Essa nova realidade suscita diversas dúvidas e preocupações acerca dos limites éticos e morais na aplicação da IA. Em 1950, quando a AI não passava de conjectura, Issac Asimov - novelista e bioquímico considerado um dos mestres da ficção científica - criou as "três leis da robótica"2, posteriormente acrescidas de uma quarta regra3, com o objetivo de tornar possível a coexistência de seres humanos e robôs.
Agora, 70 anos depois, a ficção de Asimov se tornou realidade, mas suas leis se mostram incapazes de regular as complexas relações que têm surgido em torno da utilização da IA, obrigando a sociedade a intensificar o debate em torno do tema.
Para que se tenha ideia da dimensão do problema, ainda em 2015, Stephen Hawking, Elon Musk e Steve Wosniak, entre centenas de outras proeminentes personalidades ligadas à ciência e tecnologia, divulgaram, durante Conferência Conjunta Internacional em Inteligência Artificial realizada na Argentina, carta aberta alertando para o fato de que, potencialmente, a IA é mais perigosa do que as armas nucleares.
Diante desse cenário, a Organização para a Cooperação e Desenvolvimento Econômico - OCDE anunciou, no ano passado, princípios para o desenvolvimento da IA: crescimento inclusivo, desenvolvimento sustentável e bem-estar; valores centrados nos seres humanos e na justiça; transparência e divulgação; robustez, segurança e proteção; e responsabilização. O Brasil, juntamente com outros 41 países, foi um dos signatários do documento.
Em linha com esse compromisso assumido pelo Brasil, a Câmara dos Deputados, na figura do deputado federal Eduardo Bismarck (PDT/CE), apresentou o Projeto de Lei nº 21/2020, por meio do qual propõe a criação de um marco legal para o desenvolvimento e uso da IA no país.
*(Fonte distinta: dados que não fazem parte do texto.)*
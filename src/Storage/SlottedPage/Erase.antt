-- ===== src/Storage/SlottedPage/Erase.antt =====
-- `erase`: the slot is free afterwards, and its bytes are dead.
use mo_db.Prelude.{
  ℕ, ◌+◌, ◌<◌, ◌≡◌, ◌≢◌, ◌⊎◌, inl, inr, refl, leb, leb-false→lt, Bool-cases, zero-cases, true,
}
use mo_db.Error.{ok, err, slot_not_found}
use mo_db.Storage.SlottedPage.{
  Page, record_size, record_capacity, slot_generation, slot_count, erase, free_space, dead_bytes,
  read_in, is_missing,
}
use mo_db.Storage.SlottedPage.Slots.{IsPage, IsLabelled, IsAged}
use mo_db.Storage.SlottedPage.Reads.{IsAlike, free_missing, present, read_in-missing}
use mo_db.Storage.SlottedPage.Freed.{
  freed, freed-header, freed-IsEntry, freed-IsPage, freed-IsAlike, freed-room, freed-IsLabelled,
  freed-IsAged,
}

pub missing_cases :
    (p : Page) (slot : ℕ)
    → (is_missing p slot ≡ true) ⊎ ((slot < slot_count p) × (record_size p slot ≢ 0))
unfolding is_missing
missing_cases p slot = elim (Bool-cases (leb (slot_count p) slot)) [
  | inl out ↦ inl (rw out refl)
  | inr there ↦ elim (zero-cases (record_size p slot)) [
    | inl z ↦ inl (rw z (rw there refl))
    | inr z ↦ inr (leb-false→lt (slot_count p) slot there, z)
  ]
]

-- The page `q` is `p` without the record at `slot`.
pub record IsErased (p : Page) (slot : ℕ) (q : Page) : Type 0 where
  pub page : IsPage q
  pub read : read_in q slot ≡ err slot_not_found
  pub others : (j : ℕ) → j ≢ slot → IsAlike p q j
  pub label : IsLabelled p q
  pub aged : IsAged p q
  pub count : slot_count q ≡ slot_count p
  pub free : record_size q slot ≡ 0
  pub generation : slot_generation q slot ≡ slot_generation p slot
  pub room : free_space q + dead_bytes q ≡ free_space p + dead_bytes p + record_capacity p slot

-- On a well-formed page `erase` either fails with `slot_not_found`, where reading the slot fails with
-- it too, or it leaves a well-formed page in which the slot reads as `slot_not_found` and keeps its
-- generation, all other slots show what they did, and the free space and the dead bytes together have
-- grown by the capacity of the record.
pub erase_lem :
    (p : Page) (slot : ℕ)
    → IsPage p
    → ((read_in p slot ≡ err slot_not_found) × (erase slot p ≡ err slot_not_found))
      ⊎ ((q : Page) × (erase slot p ≡ ok q) × IsErased p slot q)
unfolding erase freed
erase_lem p slot w = elim (missing_cases p slot) [
  | inl gone ↦ inl (read_in-missing p slot gone, rw gone refl)
  | inr (there, live) ↦
      let e = freed-IsEntry p w slot there in
      let q : Page = freed p w slot there in
      inr (
        q,
        rw (present p slot there live) refl,
        record {
          page = freed-IsPage p w slot there;
          read = read_in-missing q slot (free_missing q slot e.size);
          others = freed-IsAlike p w slot there;
          aged = freed-IsAged p w slot there;
          label = freed-IsLabelled p w slot there;
          count = (freed-header p w slot there).0;
          free = e.size;
          generation = e.generation;
          room = freed-room p w slot there live;
        },
      )
]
A ideia é estabelecer princípios, direitos, deveres e instrumentos de governança para o uso da IA no Brasil, bem como fixar diretrizes para a atuação do Poder Público, da iniciativa privada e de pessoas físicas.
Entre os princípios que, nos termos do projeto, passam a reger o uso da IA, merecem destaque os da: (i) centralidade no ser humano, consistente no dever de respeito à dignidade humana, à privacidade e à proteção de dados pessoais e aos direitos trabalhistas; (ii) não discriminação, impedindo o uso da IA para fins discriminatórios, ilícitos ou abusivos; e (iii) responsabilização e prestação de contas - reproduzindo princípio contido na Lei Geral de Proteção de Dados ("LGPD"), inspirado no princípio da accountability instituído pela General Data Protection Regulation da União Europeia - que obriga os agentes de IA não apenas a cumprirem, mas a efetivamente demonstrarem o cumprimento, das normas de IA e a adoção de medidas eficazes para o bom funcionamento e a segurança dos respectivos sistemas.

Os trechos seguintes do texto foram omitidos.